#### YOUR GOAL:
Go through the following data and transcribe exactly the stretch of lines from the one holding "turn-IsLocked outside nobody" to the one holding "IsLocked tp →", both included.

#### RECORDS FOR THE TASK:

-*-

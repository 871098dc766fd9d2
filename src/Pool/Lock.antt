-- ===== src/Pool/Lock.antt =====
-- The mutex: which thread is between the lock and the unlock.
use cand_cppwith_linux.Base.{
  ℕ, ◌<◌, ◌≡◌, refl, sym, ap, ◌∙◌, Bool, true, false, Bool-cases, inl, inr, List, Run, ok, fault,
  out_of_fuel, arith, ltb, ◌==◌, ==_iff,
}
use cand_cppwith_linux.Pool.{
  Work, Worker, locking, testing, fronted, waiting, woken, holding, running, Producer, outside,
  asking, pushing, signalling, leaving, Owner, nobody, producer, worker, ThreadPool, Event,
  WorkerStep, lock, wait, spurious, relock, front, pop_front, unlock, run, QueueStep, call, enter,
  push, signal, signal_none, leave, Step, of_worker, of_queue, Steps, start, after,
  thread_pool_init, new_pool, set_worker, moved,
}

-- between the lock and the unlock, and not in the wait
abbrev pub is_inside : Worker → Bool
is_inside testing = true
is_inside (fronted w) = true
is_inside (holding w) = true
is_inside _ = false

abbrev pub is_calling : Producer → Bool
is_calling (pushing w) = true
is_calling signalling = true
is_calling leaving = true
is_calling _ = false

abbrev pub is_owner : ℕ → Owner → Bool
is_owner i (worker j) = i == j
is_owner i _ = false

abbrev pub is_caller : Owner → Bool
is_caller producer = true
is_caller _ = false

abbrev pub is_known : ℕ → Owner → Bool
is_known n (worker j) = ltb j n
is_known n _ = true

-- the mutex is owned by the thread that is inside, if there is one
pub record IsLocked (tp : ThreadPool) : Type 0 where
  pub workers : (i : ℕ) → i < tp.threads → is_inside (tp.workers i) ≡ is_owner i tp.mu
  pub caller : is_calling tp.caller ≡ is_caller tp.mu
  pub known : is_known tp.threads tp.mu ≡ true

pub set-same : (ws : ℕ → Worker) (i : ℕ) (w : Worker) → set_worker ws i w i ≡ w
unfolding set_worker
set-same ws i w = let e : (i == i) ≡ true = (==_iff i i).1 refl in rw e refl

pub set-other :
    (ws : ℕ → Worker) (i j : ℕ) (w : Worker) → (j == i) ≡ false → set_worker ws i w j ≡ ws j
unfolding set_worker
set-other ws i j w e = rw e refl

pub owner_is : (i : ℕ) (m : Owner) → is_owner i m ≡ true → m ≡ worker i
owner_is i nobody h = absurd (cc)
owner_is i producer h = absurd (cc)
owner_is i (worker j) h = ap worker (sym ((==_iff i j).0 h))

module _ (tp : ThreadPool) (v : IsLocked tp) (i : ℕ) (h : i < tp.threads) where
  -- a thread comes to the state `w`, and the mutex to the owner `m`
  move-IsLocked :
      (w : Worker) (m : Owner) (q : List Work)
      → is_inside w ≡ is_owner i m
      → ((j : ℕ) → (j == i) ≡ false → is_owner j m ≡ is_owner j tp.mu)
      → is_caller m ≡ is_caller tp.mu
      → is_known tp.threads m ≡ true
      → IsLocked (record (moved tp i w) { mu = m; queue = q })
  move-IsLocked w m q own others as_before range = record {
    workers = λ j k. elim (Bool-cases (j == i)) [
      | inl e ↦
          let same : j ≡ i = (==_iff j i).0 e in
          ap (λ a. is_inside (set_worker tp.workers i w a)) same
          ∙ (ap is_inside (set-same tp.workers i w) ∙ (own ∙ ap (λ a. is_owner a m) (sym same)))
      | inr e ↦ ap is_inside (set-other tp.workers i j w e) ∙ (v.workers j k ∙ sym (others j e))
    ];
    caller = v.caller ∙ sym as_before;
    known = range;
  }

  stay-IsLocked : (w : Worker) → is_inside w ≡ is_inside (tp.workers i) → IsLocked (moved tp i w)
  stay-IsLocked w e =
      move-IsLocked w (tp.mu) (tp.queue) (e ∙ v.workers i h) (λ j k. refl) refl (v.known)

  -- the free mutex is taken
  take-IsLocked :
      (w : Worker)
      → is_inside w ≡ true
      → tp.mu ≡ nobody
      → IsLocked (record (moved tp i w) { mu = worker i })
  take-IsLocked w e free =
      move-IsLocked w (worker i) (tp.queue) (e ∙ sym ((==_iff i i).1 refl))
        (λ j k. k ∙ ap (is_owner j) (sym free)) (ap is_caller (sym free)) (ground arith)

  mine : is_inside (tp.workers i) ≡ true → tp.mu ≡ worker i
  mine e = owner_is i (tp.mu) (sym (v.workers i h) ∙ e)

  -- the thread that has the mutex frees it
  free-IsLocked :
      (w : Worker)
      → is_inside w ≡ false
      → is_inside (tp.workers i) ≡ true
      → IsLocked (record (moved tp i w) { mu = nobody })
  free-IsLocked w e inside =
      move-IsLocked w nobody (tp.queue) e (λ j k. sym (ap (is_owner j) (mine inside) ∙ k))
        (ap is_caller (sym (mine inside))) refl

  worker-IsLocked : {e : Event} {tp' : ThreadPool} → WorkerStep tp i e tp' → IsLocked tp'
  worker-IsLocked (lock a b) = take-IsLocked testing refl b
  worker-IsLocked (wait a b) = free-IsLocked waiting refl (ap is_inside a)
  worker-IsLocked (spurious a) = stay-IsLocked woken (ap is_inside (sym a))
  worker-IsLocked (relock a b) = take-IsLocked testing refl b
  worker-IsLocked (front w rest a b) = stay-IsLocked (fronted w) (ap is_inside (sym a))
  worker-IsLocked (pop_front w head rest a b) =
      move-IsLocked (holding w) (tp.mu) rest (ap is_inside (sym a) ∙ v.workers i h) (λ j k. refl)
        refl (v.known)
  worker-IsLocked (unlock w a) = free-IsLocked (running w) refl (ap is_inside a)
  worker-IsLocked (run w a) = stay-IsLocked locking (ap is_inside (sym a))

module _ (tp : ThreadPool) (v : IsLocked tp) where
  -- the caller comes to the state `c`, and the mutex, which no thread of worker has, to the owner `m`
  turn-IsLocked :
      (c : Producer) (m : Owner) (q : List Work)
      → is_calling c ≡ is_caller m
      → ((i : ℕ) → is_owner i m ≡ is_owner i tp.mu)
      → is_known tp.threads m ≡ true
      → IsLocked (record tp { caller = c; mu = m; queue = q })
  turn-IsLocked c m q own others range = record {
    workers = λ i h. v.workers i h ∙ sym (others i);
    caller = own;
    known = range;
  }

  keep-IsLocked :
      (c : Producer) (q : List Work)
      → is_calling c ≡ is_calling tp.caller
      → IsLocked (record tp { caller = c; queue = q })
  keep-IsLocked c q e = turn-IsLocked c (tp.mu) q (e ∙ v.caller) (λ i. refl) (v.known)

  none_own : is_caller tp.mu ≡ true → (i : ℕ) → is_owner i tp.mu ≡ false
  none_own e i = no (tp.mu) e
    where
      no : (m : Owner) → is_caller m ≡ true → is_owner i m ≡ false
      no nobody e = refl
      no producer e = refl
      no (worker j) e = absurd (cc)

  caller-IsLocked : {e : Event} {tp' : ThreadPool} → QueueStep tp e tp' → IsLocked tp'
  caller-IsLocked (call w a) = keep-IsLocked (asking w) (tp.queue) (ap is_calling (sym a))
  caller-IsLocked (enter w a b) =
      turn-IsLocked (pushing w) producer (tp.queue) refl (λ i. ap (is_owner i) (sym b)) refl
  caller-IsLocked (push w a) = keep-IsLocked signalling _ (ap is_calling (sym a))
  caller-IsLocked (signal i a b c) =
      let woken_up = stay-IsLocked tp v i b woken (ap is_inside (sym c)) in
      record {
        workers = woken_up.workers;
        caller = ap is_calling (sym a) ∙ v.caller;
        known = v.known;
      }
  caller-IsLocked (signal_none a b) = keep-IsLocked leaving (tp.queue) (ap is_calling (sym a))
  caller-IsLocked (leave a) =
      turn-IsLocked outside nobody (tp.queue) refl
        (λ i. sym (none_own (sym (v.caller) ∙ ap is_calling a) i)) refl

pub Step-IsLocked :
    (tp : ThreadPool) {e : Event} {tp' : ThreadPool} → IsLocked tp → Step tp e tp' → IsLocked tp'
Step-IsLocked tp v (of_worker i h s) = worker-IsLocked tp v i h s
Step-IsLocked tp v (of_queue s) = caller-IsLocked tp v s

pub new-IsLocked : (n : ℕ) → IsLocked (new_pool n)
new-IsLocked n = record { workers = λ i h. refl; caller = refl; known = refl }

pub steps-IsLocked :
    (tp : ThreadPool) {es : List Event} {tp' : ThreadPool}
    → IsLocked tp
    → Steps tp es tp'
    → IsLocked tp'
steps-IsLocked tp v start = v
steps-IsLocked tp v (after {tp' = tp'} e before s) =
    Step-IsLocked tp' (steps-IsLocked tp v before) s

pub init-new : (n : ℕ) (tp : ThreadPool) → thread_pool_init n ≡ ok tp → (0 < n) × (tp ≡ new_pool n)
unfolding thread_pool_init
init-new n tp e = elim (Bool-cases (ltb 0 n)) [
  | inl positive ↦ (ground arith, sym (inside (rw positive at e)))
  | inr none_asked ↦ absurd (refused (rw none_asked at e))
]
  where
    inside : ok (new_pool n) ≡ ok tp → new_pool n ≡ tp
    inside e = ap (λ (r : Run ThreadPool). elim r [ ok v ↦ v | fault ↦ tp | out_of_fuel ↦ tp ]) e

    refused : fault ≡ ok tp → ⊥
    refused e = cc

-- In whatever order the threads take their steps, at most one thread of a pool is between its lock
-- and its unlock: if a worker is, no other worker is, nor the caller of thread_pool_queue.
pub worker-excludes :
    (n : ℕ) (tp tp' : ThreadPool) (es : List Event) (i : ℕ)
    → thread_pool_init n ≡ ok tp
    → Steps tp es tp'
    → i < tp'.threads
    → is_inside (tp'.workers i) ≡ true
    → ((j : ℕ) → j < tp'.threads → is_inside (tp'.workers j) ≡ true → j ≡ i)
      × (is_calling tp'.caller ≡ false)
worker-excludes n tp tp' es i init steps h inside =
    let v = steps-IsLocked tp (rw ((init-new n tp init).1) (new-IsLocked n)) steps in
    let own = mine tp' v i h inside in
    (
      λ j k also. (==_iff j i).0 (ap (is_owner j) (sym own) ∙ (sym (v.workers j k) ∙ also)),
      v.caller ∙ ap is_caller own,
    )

-*-

#### ANSWER TO THIS PROBLEM:
      turn-IsLocked outside nobody (tp.queue) refl
        (λ i. sym (none_own (sym (v.caller) ∙ ap is_calling a) i)) refl

pub Step-IsLocked :
    (tp : ThreadPool) {e : Event} {tp' : ThreadPool} → IsLocked tp → Step tp e tp' → IsLocked tp'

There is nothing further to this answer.